A emoção da homenagem por uma universidade geograficamente tão distante do lugar onde nasceu, a Terra Arariboia, no Maranhão, foi explicitada: “A distância reforça a potência desse gesto, que rompe fronteiras, com um título concedido por uma Universidade, que é referência na produção do saber e na formação crítica”.
A defesa do meio-ambiente foi centrada na "floresta amazônica, que é uma obra viva, manejada ao longo de milênios, com sistemas agrícolas complexos, aldeamento de espécie e engenharia ecológica sofisticada”. A floresta foi edificada com o saber e o trabalho indígena.
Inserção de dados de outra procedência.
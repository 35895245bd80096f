-- ===== src/Mm/Paging/Backed.antt =====
-- The range check over the page tables, `check_range_mapped`, beside the walk of `translate`.
use old_boruixkernel.Common.{
  ℕ, ◌+◌, ◌/◌, ◌≤◌, ◌<◌, ◌≡◌, ◌⊎◌, ◌↔◌, refl, sym, ap, ◌∙◌, Bool, true, false, Option, none, some,
  leb, ◌==◌, bit_and, word_max, arith, Bool-cases, Option-cases, inl, inr, length,
}
use old_boruixkernel.Mm.Vma.{Tree, areas}
use old_boruixkernel.Mm.Vma.Range.{check_range}
use old_boruixkernel.Mm.Vma.RangeProofs.{Mapped}
use old_boruixkernel.Mm.Vma.Shape.{IsSound}
use old_boruixkernel.Mm.Vma.Order.{Chain}
use old_boruixkernel.Mm.Vma.Checked.{check_range-Mapped}
use old_boruixkernel.Mm.Paging.Pages.{pages_of_range}
use old_boruixkernel.Mm.Paging.{
  Tables, walk, translate, page_access_ok, check_pages, check_range_mapped, align_down,
  user_accessible, writable, p4_index, p3_index, p2_index, p1_index, access_p2, access_p3,
  translate_p2, translate_p3, entry_addr,
}

-- The addresses of a page have the indices of the page.
page_index :
    (a : ℕ)
    → (p4_index (align_down a) ≡ p4_index a)
      × (p3_index (align_down a) ≡ p3_index a)
      × (p2_index (align_down a) ≡ p2_index a)
      × (p1_index (align_down a) ≡ p1_index a)
page_index a = (omega arith, omega arith, omega arith, omega arith)

is_some : Option ℕ → Bool
is_some none = false
is_some (some _) = true

found : (o : Option ℕ) → is_some o ≡ true → (phys : ℕ) × (o ≡ some phys)
unfolding is_some
found none e = cc
found (some phys) e = (phys, refl)

module _ (has : ℕ → ℕ → Bool) (t : Tables) (offset addr hierarchy required : ℕ) where
  translate_p2-is_some :
      (e : ℕ)
      → access_p2 has t offset (align_down addr) hierarchy required e ≡ true
      → is_some (translate_p2 has t offset addr e) ≡ true
  unfolding is_some
  translate_p2-is_some e h =
      let (_, _, i2, i1) = page_index addr in let h' = rw (i2, i1) at h in ground (arith, h')

  translate_p3-is_some :
      (e : ℕ)
      → access_p3 has t offset (align_down addr) hierarchy required e ≡ true
      → is_some (translate_p3 has t offset addr e) ≡ true
  unfolding is_some
  translate_p3-is_some e h =
      let (_, i3, _, _) = page_index addr in
      let e3 = t.read (entry_addr e + offset) (p3_index addr) in
      let h' = rw i3 at h in ground (arith, h', translate_p2-is_some e3)

  walk-is_some :
      t.phys_offset ≡ some offset
      → page_access_ok has t (align_down addr) hierarchy required ≡ true
      → is_some (walk has t offset (t.p4_phys + offset) addr) ≡ true
  unfolding page_access_ok walk is_some
  walk-is_some at_offset h =
      let (i4, _, _, _) = page_index addr in
      let e4 = t.read (t.p4_phys + offset) (p4_index addr) in
      let h' = rw (at_offset, i4) at h in ground (arith, h', translate_p3-is_some e4)

-- An address whose page `page_access_ok` accepts, whatever it requires, has a translation.
pub page_access_ok-translate :
    (has : ℕ → ℕ → Bool) (t : Tables) (addr hierarchy required : ℕ)
    → page_access_ok has t (align_down addr) hierarchy required ≡ true
    → (phys : ℕ) × (translate has t addr ≡ some phys)
unfolding page_access_ok translate
page_access_ok-translate has t addr hierarchy required h = elim (Option-cases t.phys_offset) [
  | inl missing ↦ cc
  | inr (offset, e) ↦
      rw (e, translate) (found _ (walk-is_some has t offset addr hierarchy required e h))
]

module _ (has : ℕ → ℕ → Bool) (root : Tree) (t : Tables) (s : IsSound root)
    (c : Chain 0 word_max (areas root)) where
  -- With fuel for the areas and for the pages `check_range_mapped` answers. It answers true exactly if
  -- the range is empty, or if it ends within the address space, every address in it is in an area that
  -- has the flags asked for, and its page passes `page_access_ok` with them.
  pub check_range_mapped-Mapped :
      (fuel addr size required : ℕ)
      → length (areas root) + 1 < fuel
      → size / 4096 + 1 < fuel
      → (b : Bool) × (check_range_mapped fuel has root t addr size required ≡ some b)
        × ((b ≡ true) ↔ (
            (size ≡ 0)
            ⊎ ((addr + size ≤ word_max)
                × Mapped (λ flags. has flags required) (areas root) addr (addr + size)
                × ((a : ℕ)
                    → addr ≤ a
                    → a < addr + size
                    → page_access_ok has t
                        (align_down a)
                        (bit_and required (user_accessible + writable))
                        required
                      ≡ true))))
  unfolding check_pages check_range_mapped
  check_range_mapped-Mapped fuel addr size required f g =
      let hierarchy = bit_and required (user_accessible + writable) in
      let (b, e, both) =
        check_range-Mapped (λ flags. has flags required) root s c fuel addr size f in
      elim (Bool-cases b) [
        | inr refused ↦
            let e' : check_range fuel (λ flags. has flags required) root addr size ≡ some false =
              e ∙ ap some refused in
            (
              false,
              rw (e', check_range_mapped) refl,
              (
                λ q. cc,
                λ x.
                    sym refused
                    ∙ both.1
                        (elim x [ inl z ↦ inl z | inr (fits, mapped, _) ↦ inr (fits, mapped) ]),
              ),
            )
        | inl accepted ↦
            let e' : check_range fuel (λ flags. has flags required) root addr size ≡ some true =
              e ∙ ap some accepted in
            elim (Bool-cases (size == 0)) [
              | inl empty ↦ (
                true,
                rw (e', check_range_mapped, empty) refl,
                (λ _. inl (ground arith), λ _. refl),
              )
              | inr some_left ↦ elim (both.0 accepted) [
                | inl z ↦ absurd (ground arith)
                | inr (fits, mapped) ↦
                    let within : leb (addr + size) word_max ≡ true = ground arith in
                    let (b', q, pages) =
                      pages_of_range (λ page. page_access_ok has t page hierarchy required) fuel
                        addr size (λ z. ground arith) g in
                    (
                      b',
                      rw (e', check_range_mapped, some_left, within) q,
                      (
                        λ y. inr (fits, mapped, pages.0 y),
                        λ x. elim x [
                          | inl z ↦ absurd (ground arith)
                          | inr (_, _, all_ok) ↦ pages.1 all_ok
                        ],
                      ),
                    )
              ]
            ]
      ]

  -- A range that `check_range_mapped` accepts translates at every address.
  pub check_range_mapped-translate :
      (fuel addr size required a : ℕ)
      → length (areas root) + 1 < fuel
      → size / 4096 + 1 < fuel
      → check_range_mapped fuel has root t addr size required ≡ some true
      → addr ≤ a
      → a < addr + size
      → (phys : ℕ) × (translate has t a ≡ some phys)
  check_range_mapped-translate fuel addr size required a f g e from to =
      let (b, q, both) = check_range_mapped-Mapped fuel addr size required f g in
      let same : some b ≡ some true = sym q ∙ e in
      let accepted : b ≡ true = cc in
      elim (both.0 accepted) [
        | inl z ↦ absurd (omega arith)
        | inr (_, _, all_ok) ↦
            page_access_ok-translate has t a (bit_and required (user_accessible + writable))
              required (all_ok a from to)
      ]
- A Amazônia deve ser vista como um monumento à inteligência e à resiliência indígena, erguido e tecido em biodiversidade e conhecimento sustentável. Contra as queimadas, reivindicamos o reflorestamento, que se tornará possível se a gente refloresta mentes.
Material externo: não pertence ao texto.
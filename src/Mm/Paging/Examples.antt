-- ===== src/Mm/Paging/Examples.antt =====
-- The theorems on walks at concrete tables.
use old_boruixkernel.Common.{
  ℕ, ◌+◌, ◌≤◌, ◌<◌, ◌≡◌, ◌⊎◌, ◌↔◌, refl, Bool, true, some, arith, bit_and, ◌==◌, length, word_max,
}
use old_boruixkernel.Mm.Vma.Area.{MemoryArea, anonymous}
use old_boruixkernel.Mm.Vma.{Tree, leaf, insert_node, areas, splitmix64}
use old_boruixkernel.Mm.Vma.Shape.{IsSound, insert_node-IsSound}
use old_boruixkernel.Mm.Vma.Order.{Chain}
use old_boruixkernel.Mm.Vma.Range.{check_range}
use old_boruixkernel.Mm.Vma.Lookup.{find_containing, find_next}
use old_boruixkernel.Mm.Vma.RangeProofs.{Mapped}
use old_boruixkernel.Mm.Paging.{
  Tables, page_access_ok, page_loop, check_pages, check_range_mapped, translate, align_down,
}
use old_boruixkernel.Mm.Paging.Backed.{check_range_mapped-Mapped, check_range_mapped-translate}

abbrev has : ℕ → ℕ → Bool
has flags required = bit_and flags required == required

abbrev area : MemoryArea
area = record { start = 0x1000; end = 0x4000; flags = 7; backing = anonymous }

abbrev root : Tree
root = insert_node leaf area

-- Every entry is present, writable and for the user, and leads back to the first table.
abbrev tables : Tables
tables = record { read = λ table i. 0x5007; phys_offset = some 0; p4_phys = 0x5000 }

root-IsSound : IsSound root
root-IsSound = insert_node-IsSound leaf area tt

root-Chain : Chain 0 word_max (areas root)
unfolding insert_node splitmix64
root-Chain = omega arith

few : length (areas root) + 1 < 9
unfolding insert_node splitmix64
few = omega arith

check_range_mapped-Mapped_example :
    (b : Bool) × (check_range_mapped 9 has root tables 0x1800 0x1000 6 ≡ some b)
    × ((b ≡ true) ↔ (
        (◌≡◌ {A = ℕ} 0x1000 0)
        ⊎ ((0x2800 ≤ word_max)
            × Mapped (λ flags. has flags 6) (areas root) 0x1800 0x2800
            × ((a : ℕ)
                → 0x1800 ≤ a
                → a < 0x2800
                → page_access_ok has tables (align_down a) 6 6 ≡ true))))
check_range_mapped-Mapped_example =
    check_range_mapped-Mapped has root tables root-IsSound root-Chain 9 0x1800 0x1000 6 few
      (omega arith)

accepted : check_range_mapped 9 has root tables 0x1800 0x1000 6 ≡ some true
unfolding check_range_mapped check_pages page_loop page_access_ok check_range find_containing
    find_next insert_node splitmix64
accepted = refl

check_range_mapped-translate_example : (phys : ℕ) × (translate has tables 0x1999 ≡ some phys)
check_range_mapped-translate_example =
    check_range_mapped-translate has root tables root-IsSound root-Chain 9 0x1800 0x1000 6 0x1999
      few (omega arith) accepted (omega arith) (omega arith)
“Nunca mais o Brasil sem nós”. A ministra foi aplaudida calorosamente.
No encerramento, a reitora Gulnar Azevedo e Silva destacou ser “essa a primeira vez que a Uerj entrega a uma personalidade indígena o nosso grau máximo de reconhecimento, por contribuição à sociedade, à cultura e à ciência”. Ressaltou que “os povos indígenas produzem conhecimentos e saberes” e que “na nossa Universidade entendemos que esses saberes, fundamentais para a pluralidade e para a construção de uma sociedade mais justa em um país livre e soberano, são partes vivas da nossa história e do nosso futuro”.
Veste talar
Vai aqui um comentário pessoal. Dias antes da solenidade, o eficiente Cerimonial da Uerj indagou a altura e o número da camisa de cada um para preparar a veste talar. A informação foi dada, mas ficou a vergonha de perguntar o que era aquilo. Consultar o Google? O receio era de receber dezenas de mensagens tentando vender veste talar, como sói acontecer sempre que googleamos. Foi quando minhas oito irmãs me chamaram pelo zapp para o encontro diário do grupo de oração.
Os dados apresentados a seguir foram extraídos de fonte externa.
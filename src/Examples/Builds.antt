-- ===== src/Examples/Builds.antt =====
-- A concrete build for internal/builds and cmd/builder.
use ai_lab.Agents.{AgentRow, get_agent}
use ai_lab.Prelude.{
  ◌≡◌, refl, true, false, none, some, List, [], ◌∷◌, All, txt, same, select, ap, ◌≢◌, Option, Text,
}
use ai_lab.Events.{BuildRequested}
use ai_lab.Examples.Manifests.{agent_1}
use ai_lab.Builds.{Status, Database, create_build, mark_running, is_terminal, mark_completed}
use ai_lab.Builds.Jobs.{BuildConfig, build_kaniko_job, build_trivy_job}
use ai_lab.Builds.Worker.{
  World, counts, created, Cluster, image_ref, handle, poll_job, run_job, complete, sign_and_finish,
  scan_and_sign, build_image, with_agent,
}
use ai_lab.Builds.Lifecycle.{Write, run, sweep, build_completed_once}
use ai_lab.Builds.Stages.{Vetted}
use ai_lab.Builds.Promotion.{handle_ends_build, handle_promotes}

abbrev build_event : BuildRequested
build_event = record {
  tenant_id = txt "t1";
  agent_id = txt "a1";
  build_id = txt "b1";
  source_url = txt "git+https://host/repo";
  trace_context = [];
  at = 3;
}

abbrev db_1 : Database
db_1 = record {
  builds = (create_build (txt "b1") 2 (txt "t1") (txt "a1") (txt "git+https://host/repo") []).0;
  agents = record agent_1 { name = txt "bot"; runtime = txt "python"; image = none } ∷ [];
}

abbrev build_world : World
build_world = record { db = db_1; jobs = []; published = [] }

abbrev build_config : BuildConfig
build_config = record {
  namespace = txt "builds";
  registry = txt "reg";
  kaniko_image = txt "kaniko";
  trivy_enabled = true;
  trivy_image = txt "trivy";
  trivy_severity = txt "HIGH";
  cosign_enabled = false;
  cosign_image = [];
  cosign_secret = [];
  cosign_key_path = [];
}

-- Every Job is created, runs a while, and succeeds.
abbrev good_cluster : Cluster
good_cluster = record {
  creation = λ job. created;
  polls = λ job. counts 0 0 none ∷ counts 1 0 none ∷ [];
  lookup_error = none;
  running_ok = true;
  completed_ok = true;
  publish_ok = true;
}

abbrev build_writes : List Write
build_writes =
    run (txt "b1") ∷ Write.complete (txt "b1") Status.succeeded (txt "img") [] 9 ∷ sweep 100 10 ∷ []

build_completed_once_example :
    mark_completed
      (txt "b1")
      Status.failed
      []
      (txt "late")
      10
      (mark_completed (txt "b1") Status.succeeded (txt "img") [] 9 db_1)
    ≡ mark_completed (txt "b1") Status.succeeded (txt "img") [] 9 db_1
build_completed_once_example =
    build_completed_once (txt "b1") Status.succeeded Status.failed (txt "img") [] [] (txt "late") 9
      10 db_1 refl

handle_ends_build_example :
    All
      (λ r. is_terminal r.status ≡ true)
      (select
        (λ r. same r.id (txt "b1"))
        (handle build_config good_cluster 9 build_event build_world).db.builds)
handle_ends_build_example =
    handle_ends_build build_config good_cluster 9 build_event build_world refl

-- The image of the first agent.
abbrev first_image : List AgentRow → Option Text
first_image [] = none
first_image (a ∷ rows) = a.image

agent_changed : (handle build_config good_cluster 9 build_event build_world).db.agents ≢ db_1.agents
unfolding handle with_agent build_image scan_and_sign sign_and_finish complete run_job poll_job
    get_agent build_kaniko_job build_trivy_job image_ref mark_running mark_completed create_build
    same
agent_changed e = is_changed (ap first_image e)
  where
    is_changed : {s : Text} → some s ≢ none
    is_changed h = cc

handle_promotes_example :
    (agent : AgentRow) × (get_agent (txt "t1") (txt "a1") db_1.agents ≡ some agent)
    × Vetted build_config good_cluster build_event (image_ref build_config build_event agent)
handle_promotes_example =
    handle_promotes build_config good_cluster 9 build_event build_world agent_changed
Gosto de me exibir para elas, a primogênita com 84 anos, a caçula com 63. Assim, eu disse, afetando naturalidade:
- Vou falar na solenidade de entrega do diploma de doutora honoris causa à Sônia Guajajara. Terei que trajar uma veste talar, mas não sei o que é isso. Se fosse um cocar igual ao da ministra, eu saberia.
- “Estás brincando ou fazendo charminho” – desconfiou uma delas, professora aposentada da Universidade Federal do Amazonas. “Todo universitário sabe o que é veste talar”.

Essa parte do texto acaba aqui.